The holding of personal data is regulated in England and Wales by the Data Protection Act 1998. This Act will be superseded by the General Data Protection Regulation (GDPR) when its provisions take effect on 25th May 2018. The principles of the GDPR are similar to those of the Data Protection Act 1998, however, the GDPR includes significant new obligations for organisations and grants individuals a range of new rights.
GDPR – the benefits
GDPR will be a positive benefit for organisations that are serious about protecting their client’s personal data. Early compliance with GDPR will position companies to pick up business where an incumbent supplier has failed to embrace the new regulations.
GDPR will be policed by the Information Commissioner’s Office (ICO) in the same way that the Data Protection Act has been. The ICO will no longer levy the annual £35 corporate charge but will instead be fully funded by the fines it imposes on business who fail to comply with GDPR. Fines will increase significantly under GDPR compared with those imposed by the ICO under the Data Protection Act. The maximum fine will be €20,000,000 or 4% of group annual turnover compared with £500,000 currently.
The need for GDPR learning and training
There is an informative guide to GDPR available on the ICO website to help explain the provisions of GDPR to enable businesses to prepare. Training is an essential element for a business to be compliant with GDPR. Well educated personnel are less likely to make mistakes and cause a breach of personal data. eLearning is an ideal way for managers to ensure all staff obtain the training they require in convenient bite size chunks.
The GDPR Academy is dedicated to providing up to date information about GDPR and the Data Protection Bill currently working its way through Parliament. GDPR Academy courses combine video, animations, infographics and downloadable technical documents combined with multiple choice quizzes to ensure a topic has been successfully learned.
Companies hold a vast amount of personal data on employees and customers, therefore any data breach will be taken very seriously by the ICO.
Businesses must protect themselves as diligently as possible and demonstrate that they have taken all possible steps to avoid a data breach.
Organisations need to identify that all personal data that they hold in relation to staff, clients, prospects and suppliers is not only secure, but that it has been compiled according the GDPR regulations, and that it is managed accordingly.
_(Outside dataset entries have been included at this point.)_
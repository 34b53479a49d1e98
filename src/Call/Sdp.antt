-- ===== src/Call/Sdp.antt =====
-- internal/call/manager.go, lines 820 to 919: what is read out of a session description. The parser of
-- the text is the library's: its result is an argument, `none` where it fails. So is the resolver of
-- addresses.
mod Formats
pub mod Payload
use callfxo.Prelude.{
  ℕ, ◌<◌, Bool, true, false, ◌&&◌, not, Option, none, some, List, [], ◌∷◌, ltb, leb, is_nil,
  if◌then◌else◌,
}
use callfxo.Prelude.Integers.{ℤ, pos, negsuc}
use callfxo.Prelude.Equality.{◌==◌, nat_eq, list_eq}
use callfxo.Text.{Text, txt, trim_space, equal_fold, is_blank}
use callfxo.Text.Parse.{atoi, fields, before, to_upper}

-- What the program reads of psdp.MediaDescription.
pub record MediaDescription : Type 0 where
  pub media : Text
  pub connection : Option Text
  pub port : ℕ
  pub formats : List Text
  pub attributes : List (Text × Text)

pub record SessionDescription : Type 0 where
  pub connection : Option Text
  pub media_descriptions : List MediaDescription

-- A number that fits a uint8, as both loops accept it.
unfoldable pub payload_number : Text → Option ℕ
unfolding atoi
payload_number s = elim (atoi s) [
  | none ↦ none
  | some (pos n) ↦ if ltb 255 n then none else some n
  | some (negsuc n) ↦ none
]

abbrev pub is_zero_payload : Option ℕ → Bool
is_zero_payload none = false
is_zero_payload (some n) = n == 0

abbrev pub note_payload : Option ℕ → List ℕ → List ℕ
note_payload none seen = seen
note_payload (some n) seen = n ∷ seen

-- The set of the formats; `none` where the loop returns at the static payload 0.
unfoldable pub format_set : List Text → List ℕ → Option (List ℕ)
unfolding payload_number trim_space
format_set [] seen = some seen
format_set (f ∷ fs) seen =
    let n = payload_number (trim_space f) in
    let rest = format_set fs (note_payload n seen) in if is_zero_payload n then none else rest

unfoldable pub in_set : ℕ → List ℕ → Bool
in_set n [] = false
in_set n (m ∷ ms) = if m == n then true else in_set n ms

-- The payload of `<number> PCMU/…` among the fields of an rtpmap.
abbrev pub pcmu_fields : List Text → Option ℕ
pcmu_fields [] = none
pcmu_fields (number ∷ []) = none
pcmu_fields (number ∷ codec ∷ rest) =
    if to_upper (before b'/' codec) == txt "PCMU" then payload_number number else none

-- The payload that an attribute maps to PCMU.
unfoldable pub rtpmap_payload : Text × Text → Option ℕ
unfolding payload_number fields before to_upper equal_fold is_blank
rtpmap_payload (key, value) =
    if equal_fold key (txt "rtpmap") && not (is_blank value)
    then pcmu_fields (fields value)
    else none

unfoldable pub mapped_payload : List ℕ → List (Text × Text) → Option ℕ
unfolding rtpmap_payload in_set
mapped_payload formats [] = none
mapped_payload formats (a ∷ rest) =
    let next = mapped_payload formats rest in
    elim (rtpmap_payload a) [ none ↦ next | some n ↦ if in_set n formats then some n else next ]

unfoldable pub find_pcmu_payload : MediaDescription → Option ℕ
unfolding format_set mapped_payload
find_pcmu_payload md = elim (format_set md.formats []) [
  | none ↦ some 0
  | some formats ↦ mapped_payload formats md.attributes
]

-- The text before the first `/`, unless that is the first character.
unfoldable pub sanitize_sdp_address : Text → Text
unfolding trim_space before
sanitize_sdp_address addr =
    let a = trim_space addr in if is_nil (before b'/' a) then a else before b'/' a

pub data SdpError : Type 0 where
  unmarshal not_pcmu resolve no_target : SdpError

pub data Target {ℓ} (A : Type ℓ) : Type ℓ where
  found : A → Target A
  failed : SdpError → Target A

abbrev pub connection_host : Option Text → Text → Text
connection_host none host = host
connection_host (some address) host = sanitize_sdp_address address

module _ {Address : Type 0} (resolve_udp_addr : Text → ℕ → Option Address) where
  -- The answer of the first media section that is taken.
  abbrev pub audio_answer : Text → ℕ → Option ℕ → Target (Address × ℕ)
  audio_answer host port none = failed not_pcmu
  audio_answer host port (some pt) = elim (resolve_udp_addr host port) [
    | none ↦ failed resolve
    | some addr ↦ found (addr, pt)
  ]

  unfoldable pub audio_target : Text → List MediaDescription → Target (Address × ℕ)
  unfolding find_pcmu_payload sanitize_sdp_address
  audio_target host [] = failed no_target
  audio_target host (md ∷ rest) =
      let here = connection_host md.connection host in
      let skipped = audio_target host rest in
      let unusable = audio_target here rest in
      if md.media == txt "audio"
      then (if is_nil here
          then unusable
          else if md.port == 0
          then unusable
          else audio_answer here md.port (find_pcmu_payload md))
      else skipped

  unfoldable pub parse_sip_audio_target : Option SessionDescription → Target (Address × ℕ)
  unfolding audio_target sanitize_sdp_address
  parse_sip_audio_target none = failed unmarshal
  parse_sip_audio_target (some s) =
      audio_target (connection_host s.connection []) s.media_descriptions

-- The loop over the media sections of the browser's answer.
unfoldable pub audio_payload : List MediaDescription → Option ℕ
unfolding find_pcmu_payload
audio_payload [] = none
audio_payload (md ∷ rest) =
    let next = audio_payload rest in
    if md.media == txt "audio"
    then elim (find_pcmu_payload md) [ none ↦ next | some pt ↦ some pt ]
    else next

unfoldable pub parse_webrtc_audio_pcmu_payload : Option SessionDescription → Option ℕ
unfolding audio_payload
parse_webrtc_audio_pcmu_payload none = none
parse_webrtc_audio_pcmu_payload (some s) = audio_payload s.media_descriptions
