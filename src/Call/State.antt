-- ===== src/Call/State.antt =====
-- internal/call/manager.go, lines 30 to 124: the state of the manager. What Go holds by pointer stands
-- in a heap, at a number: the maps and the handlers hold the numbers, so that two of them may share an
-- object. A mutex is the atomicity of a function of the model. What the code does to the outside world
-- is recorded in `trace`, newest first; what the outside world does is an argument of the handlers.
use callfxo.Prelude.{ℕ, Bool, Option, none, some, List, ◌∷◌, is_nil, if◌then◌else◌}
use callfxo.Prelude.Integers.{ℤ}
use callfxo.Prelude.Equality.{nat_eq, int_eq, list_eq}
use callfxo.Prelude.GoMap.{GoMap, lookup, insert}
use callfxo.Text.{Text, trim_space}
use callfxo.Store.Schema.{Error, Result, Action, Store}

-- net.UDPAddr
pub record Address : Type 0 where
  pub ip : Text
  pub port : ℕ

pub record IncomingCall : Type 0 where
  pub id : Text
  pub sip_call_id : Text
  pub box_id : ℤ
  pub box_name : Text
  pub caller_id : Text
  pub remote_number : Text
  pub state : Text
  pub created_at : ℕ
  pub expires_at : ℕ
  pub answered_by_user_id : ℤ
  pub answered_by_device_token : Text

pub data EventKind : Type 0 where
  ringing stopped answered : EventKind

pub record IncomingEvent : Type 0 where
  pub kind : EventKind
  pub call : IncomingCall
  pub user_ids : List ℤ
  pub reason : Text

-- Which callbacks are not nil.
pub record SignalCallbacks : Type 0 where
  pub on_ice_candidate : Bool
  pub on_state : Bool
  pub on_hangup : Bool

pub record CallSession : Type 0 where
  pub id : Text
  pub direction : Text
  pub user_id : ℤ
  pub device_token : Text
  pub box_id : ℤ
  pub number : Text
  pub caller_id : Text
  pub dialog_client : Option ℕ
  pub dialog_server : Option ℕ
  pub remote_rtp : Option Address
  pub remote_ready : Bool
  pub sip_pt : ℕ
  pub webrtc_pt : ℕ
  pub callbacks : SignalCallbacks
  pub call_log_id : ℤ
  pub closed : Bool

-- `timer` says whether the timer still runs.
pub record InboundInvite : Type 0 where
  pub meta : IncomingCall
  pub users : List ℤ
  pub dialog : ℕ
  pub remote_rtp : Option Address
  pub sip_pt : ℕ
  pub timer : Bool
  pub ended : Bool
  pub connected : Bool

-- The SIP status codes that are sent.
pub data Status : Type 0 where
  trying ringing_180 busy_here temporarily_unavailable : Status
  not_acceptable_here internal_server_error : Status

-- What is done to a dialog, a socket, a peer connection, a browser or the notifier.
pub data Effect : Type 0 where
  respond : ℕ → Status → Text → Effect
  respond_sdp : ℕ → Effect
  dialog_close : ℕ → Effect
  client_bye client_close server_bye server_close : ℕ → Effect
  rtp_close peer_close : ℕ → Effect
  hangup_callback : ℕ → Text → Effect
  state_callback : ℕ → Text → Effect
  notify : IncomingEvent → Effect

pub record Manager : Type 0 where
  pub public_ip : Text
  pub advertised_ip : Text
  pub store : Store
  pub notifier : Bool
  pub calls_by_id : GoMap Text ℕ
  pub calls_by_sip_id : GoMap Text ℕ
  pub calls_by_user : GoMap ℤ ℕ
  pub incoming_by_id : GoMap Text ℕ
  pub sessions : GoMap ℕ CallSession
  pub invites : GoMap ℕ InboundInvite
  pub next_pointer : ℕ
  pub trace : List Effect

pub data CallError : Type 0 where
  number_required already_active box_not_found box_offline : CallError
  store_error : Error → CallError
  rtp_socket webrtc_peer webrtc_setup public_ip_required sip_invite bad_remote_sdp : CallError
  incoming_not_found incoming_not_allowed incoming_ended incoming_answered respond_failed :
      CallError

pub data Answer (A : Type 0) : Type 0 where
  done : A → Answer A
  refused : CallError → Answer A

abbrev pub effect : Effect → Manager → Manager
effect e m = record m { trace = e ∷ m.trace }

-- A write through a pointer.
unfoldable pub set_session : ℕ → CallSession → Manager → Manager
set_session pointer c m = record m { sessions = insert pointer c m.sessions }

unfoldable pub set_invite : ℕ → InboundInvite → Manager → Manager
set_invite pointer inv m = record m { invites = insert pointer inv m.invites }

-- A call of the store.
unfoldable pub run_store : {A : Type 0} → Action A → Manager → Result A × Manager
run_store action m = let (r, s) = action m.store in (r, record m { store = s })

-- A call whose result is dropped.
unfoldable pub run_store_ : {A : Type 0} → Action A → Manager → Manager
run_store_ action m = let (r, s) = action m.store in record m { store = s }

unfoldable pub modify_session : ℕ → (CallSession → CallSession) → Manager → Manager
unfolding set_session
modify_session pointer f m = elim (lookup pointer m.sessions) [
  | none ↦ m
  | some c ↦ set_session pointer (f c) m
]

-- The two settings that may name the address of the media, the first that is not blank.
unfoldable pub media_ip : Manager → Text
unfolding trim_space
media_ip m =
    if is_nil (trim_space m.public_ip) then trim_space m.advertised_ip else trim_space m.public_ip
The past ways of gathering a prospect list won’t necessarily be compliant with the new regime. Businesses now need to demonstrate good procedure, compliance and express permission from the owners of the data.
Businesses must demonstrate that they have a data protection policy, including a data protection breach policy as a breach must be notified to the ICO within 72 hours of occurrence.
Cyber security
Cyber security is an integral part of protection against data breach, and Law firms, SME’s and Charities are at high risk of cyber-attack due to the very nature of their business. The Government Cyber Essentials programme is a good place to start to establish how well your practice is protected against cyber attacks.
Protection against cyber-crime is as much based on the human element as it is on technological solutions. A company’s defences are only as strong as the weakest element and a junior person clicking on a malware link can infect the whole system and leave it vulnerable to a cyber hack. This is where training is of the utmost importance, and by taking eLearning courses a company’s training can be continually monitored, thus affording the a measure of accountable protection against the consequences of any breach.
It is estimated that only 20% of UK businesses will be GDPR-ready by the time the regulation comes into force. Good governance aids good practice and businesses that are properly prepared for GDPR and best protected against cyber threats by demonstrating their compliance with policies, training and management will be able to use this governance to run more smoothly and take advantage of the new regulations.